◆ **Exercise instructions**
Examine each line of the data. Copy those that contain the string "Float".

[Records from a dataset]
-- ===== src/Compile/Statements/Assign.antt =====
-- compile.go: assignments. The expressions on the left and their `assigncontext`s stand in step.
use gopher_lua.Prelude.{
  ℕ, zero, suc, ◌+◌, Bool, true, false, not, ◌&&◌, List, [], ◌∷◌, if◌then◌else◌,
}
use gopher_lua.Prelude.Int.{ℤ, pos, negsuc, ◌+ℤ◌, ◌-ℤ◌, eqb_ℤ, pos_part, to_uint64}
use gopher_lua.Prelude.Result.{
  Result, Fault, ok, panic, type_assertion, out_of_range, not_implemented,
}
use gopher_lua.Value.{Float, string}
use gopher_lua.Opcode
use gopher_lua.Opcode.{op_code}
use gopher_lua.Opcode.Word.{is_k}
use gopher_lua.Ast.{Expr, Exprs, nil_expr, ident_expr, attr_get_expr, no_exprs, exprs}
use gopher_lua.Compile.Fold.{is_var_arg_return_expr}
use gopher_lua.Compile.Refs.{
  ExpContextType, ec_global, ec_upvalue, ec_local, ec_table, ExpContext, ecnone, ecupdate,
  reg_not_defined,
}
use gopher_lua.Compile.Context
use gopher_lua.Compile.Context.{
  FuncContext, FunctionProto, CodeBlock, Outcome, done, compile_error, go_panic, no_fuel, lift,
  label_no_jump, max_registers, new_func_context, register_overflow, vararg_outside,
  no_loop_to_break, DbgCall, block_at, parent_at, find_local_var_and_block, end_scope,
}
use gopher_lua.Compile.Monad.{
  M, ◌>>=◌, ◌>>◌, return, fault, emit_abc, top_reg, local_var, ident_type, upvalue_index, const_idx,
}
use gopher_lua.Compile.Handlers.{
  Handlers, sline, eline, is_logical, no_more_exprs, count_exprs, compile_expr_with_kmv_propagation,
  emit_const,
}
use gopher_lua.Compile.Code.{propagate_kmv}
use gopher_lua.Compile.Monad.{propagate}
use gopher_lua.Prelude.Result

-- `assigncontext`
pub record AssignContext : Type 0 where
  pub ec : ExpContext
  pub keyrk : ℤ
  pub valuerk : ℤ
  pub needmove : Bool

abbrev pub assign_context : ExpContextType → ℤ → ℤ → AssignContext
assign_context ctype reg keyrk = record {
  ec = ecupdate ctype reg (pos 0);
  keyrk = keyrk;
  valuerk = pos 0;
  needmove = false;
}

abbrev pub is_table : ExpContextType → Bool
is_table ec_table = true
is_table _ = false

-- one entry of the loop that marks the results of a call, `k` of them before it
unfoldable pub mark_result : ℤ → ℕ → AssignContext → AssignContext
mark_result regstart k ac =
    if is_table ac.ec.ctype
    then record ac { needmove = true; valuerk = regstart +ℤ pos k }
    else record ac { needmove = true }

-- the loop, with `n` rounds left
unfoldable pub mark_results : ℕ → ℤ → ℕ → List AssignContext → Result (List AssignContext)
mark_results zero regstart k acs = ok acs
mark_results (suc n) regstart k [] = panic out_of_range
mark_results (suc n) regstart k (ac ∷ acs) =
    Result.◌>>=◌ (mark_results n regstart (k + 1) acs)
      (λ rest. ok (mark_result regstart k ac ∷ rest))

-- What the right sides leave: the register behind them and the contexts.
pub record Assigned : Type 0 where
  pub reg : ℤ
  pub acs : List AssignContext

module _ {N : Type 0} where
  -- `ex.(*ast.IdentExpr).Value`
  abbrev pub ident_name : Expr N → M N (List ℕ)
  ident_name (ident_expr at value) = return value
  ident_name _ = fault type_assertion

  abbrev pub lifted : {A : Type 0} → Result A → M N A
  lifted r s = Context.◌>>=◌ (lift r) (λ a. done (a, s))

module _ {N : Type 0} ⦃F : Float N⦄ (C : Handlers N) where
  -- the switch on a name's type in `compileAssignStmtLeft`
  unfoldable pub assign_ident : ExpContextType → Bool → List ℕ → M N AssignContext
  assign_ident ec_global islast name = do
    index ← const_idx (string name)
    return (assign_context ec_global (pos reg_not_defined) (pos 0))
  assign_ident ec_upvalue islast name = do
    index ← upvalue_index name
    return (assign_context ec_upvalue (pos reg_not_defined) (pos 0))
  assign_ident ec_local true name = do
    index ← local_var name
    return (assign_context ec_local index.0 (pos 0))
  assign_ident ctype islast name = return (assign_context ctype (pos reg_not_defined) (pos 0))

  -- one expression on the left: the register behind it and its context
  unfoldable pub assign_target : Bool → Expr N → ℤ → M N (ℤ × AssignContext)
  assign_target islast (ident_expr at name) reg = do
    identtype ← ident_type name
    ac ← assign_ident identtype islast name
    return (reg, ac)
  assign_target islast (attr_get_expr at object key) reg = do
    t ← compile_expr_with_kmv_propagation C object reg
    k ← compile_expr_with_kmv_propagation C key t.1
    return (k.1, assign_context ec_table t.0 k.0)
  assign_target islast _ reg = fault not_implemented

  -- the loop of `compileAssignStmtLeft`
  unfoldable pub compile_assign_stmt_left : Exprs N → ℤ → M N (ℤ × List AssignContext)
  compile_assign_stmt_left no_exprs reg = return (reg, [])
  compile_assign_stmt_left (exprs lhs rest) reg = do
    r ← assign_target (no_more_exprs rest) lhs reg
    q ← compile_assign_stmt_left rest r.0
    return (q.0, r.1 ∷ q.1)

module _ {N : Type 0} (C : Handlers N) where
  -- a value for one context: the register behind it and the context
  unfoldable pub assign_value : AssignContext → Expr N → ℤ → M N (ℤ × AssignContext)
  assign_value ac expr reg = do
    reginc ← C.compile_expr reg expr ac.ec
    if is_table ac.ec.ctype
        then (if is_logical expr then return (reg +ℤ reginc, record ac { valuerk = reg }) else (do
          p ← propagate propagate_kmv reg reginc
          return (p.1, record ac { valuerk = p.0 })))
        else return (reg +ℤ reginc, record ac { needmove = not (eqb_ℤ reginc (pos 0)) })

  -- the last expression, whose results go to all that is left
  unfoldable pub assign_results : List AssignContext → Expr N → ℤ → ℤ → M N (Assigned)
  assign_results acs expr varargopt reg = do
    reginc ← C.compile_expr reg expr (ecnone varargopt)
    marked ← lifted (mark_results (pos_part reginc) reg 0 acs)
    return (record { reg = reg +ℤ reginc; acs = marked })

  abbrev pub with_context : AssignContext → Assigned → Assigned
  with_context ac r = record r { acs = ac ∷ r.acs }

  -- the expression that a name without one gets
  abbrev pub missing_value : Expr N → Expr N
  missing_value lhs = nil_expr (record { line = sline lhs; lastline = eline lhs })

  -- the first loop of `compileAssignStmtRight`
  unfoldable pub compile_assign_stmt_right :
      Exprs N → Exprs N → List AssignContext → ℤ → M N (Assigned)
  compile_assign_stmt_right no_exprs rhs acs reg = return (record { reg = reg; acs = acs })
  compile_assign_stmt_right (exprs lhs lrest) rhs [] reg = fault out_of_range
  compile_assign_stmt_right (exprs lhs lrest) no_exprs (ac ∷ acs) reg = do
    r ← assign_value ac (missing_value lhs) reg
    q ← compile_assign_stmt_right lrest no_exprs acs r.0
    return (with_context r.1 q)
  compile_assign_stmt_right (exprs lhs lrest) (exprs rhs rrest) (ac ∷ acs) reg =
      if is_var_arg_return_expr rhs && no_more_exprs rrest
      then assign_results (ac ∷ acs) rhs (pos (count_exprs lrest)) reg
      else (do
        r ← assign_value ac rhs reg
        q ← compile_assign_stmt_right lrest rrest acs r.0
        return (with_context r.1 q))

  -- the expressions from an index on
  abbrev pub drop_exprs : ℕ → Exprs N → Exprs N
  drop_exprs zero es = es
  drop_exprs (suc n) no_exprs = no_exprs
  drop_exprs (suc n) (exprs e rest) = drop_exprs n rest

  -- the loop over the extra expressions on the right, with the contexts that it makes
  unfoldable pub compile_extra_exprs : (ℤ → ℤ → ExpContext) → Exprs N → ℤ → M N ℤ
  compile_extra_exprs context_for no_exprs reg = return reg
  compile_extra_exprs context_for (exprs e rest) reg = do
    inc ← C.compile_expr reg e (context_for reg (if no_more_exprs rest then negsuc 0 else pos 0))
    compile_extra_exprs context_for rest (reg +ℤ inc)

module _ {N : Type 0} ⦃F : Float N⦄ where
  -- the switch of the loop of `compileAssignStmt`; the result is `reg`
  unfoldable pub emit_assign : Expr N → ExpContextType → AssignContext → ℤ → M N ℤ
  emit_assign ex ec_local ac reg =
      if ac.needmove
      then (do
        name ← ident_name ex
        index ← local_var name
        emit_abc (op_code Opcode.op_move) index.0 reg (pos 0) (sline ex)
        return (reg -ℤ pos 1))
      else return reg
  emit_assign ex ec_global ac reg = do
    name ← ident_name ex
    emit_const (op_code Opcode.op_setglobal) reg (string name) (sline ex)
    return (reg -ℤ pos 1)
  emit_assign ex ec_upvalue ac reg = do
    name ← ident_name ex
    index ← upvalue_index name
    emit_abc (op_code Opcode.op_setupval) reg index (pos 0) (sline ex)
    return (reg -ℤ pos 1)
  emit_assign ex ec_table ac reg = do
    emit_abc (op_code Opcode.op_settable) ac.ec.reg ac.keyrk ac.valuerk (sline ex)
    return (if is_k (to_uint64 ac.valuerk) then reg else reg -ℤ pos 1)
  emit_assign ex _ ac reg = return reg

  -- the loop, from the last expression to the first
  unfoldable pub emit_assigns : Exprs N → List AssignContext → ℤ → M N ℤ
  emit_assigns no_exprs acs reg = return reg
  emit_assigns (exprs ex rest) [] reg = fault out_of_range
  emit_assigns (exprs ex rest) (ac ∷ acs) reg = do
    r ← emit_assigns rest acs reg
    emit_assign ex ac.ec.ctype ac r

module _ {N : Type 0} ⦃F : Float N⦄ (C : Handlers N) where
  unfoldable pub compile_assign_stmt : Exprs N → Exprs N → M N (Unit {0})
  compile_assign_stmt lhs rhs = do
    top ← top_reg
    left ← compile_assign_stmt_left C lhs top
    right ← compile_assign_stmt_right C lhs rhs left.1 left.0
    end ←
        compile_extra_exprs C (λ reg varargopt. ecnone varargopt)
          (drop_exprs C (count_exprs lhs) rhs) right.reg
    last ← emit_assigns lhs right.acs (right.reg -ℤ pos 1)
    return tt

◆ **Finished task**
use gopher_lua.Value.{Float, string}
module _ {N : Type 0} ⦃F : Float N⦄ (C : Handlers N) where
module _ {N : Type 0} ⦃F : Float N⦄ where
module _ {N : Type 0} ⦃F : Float N⦄ (C : Handlers N) where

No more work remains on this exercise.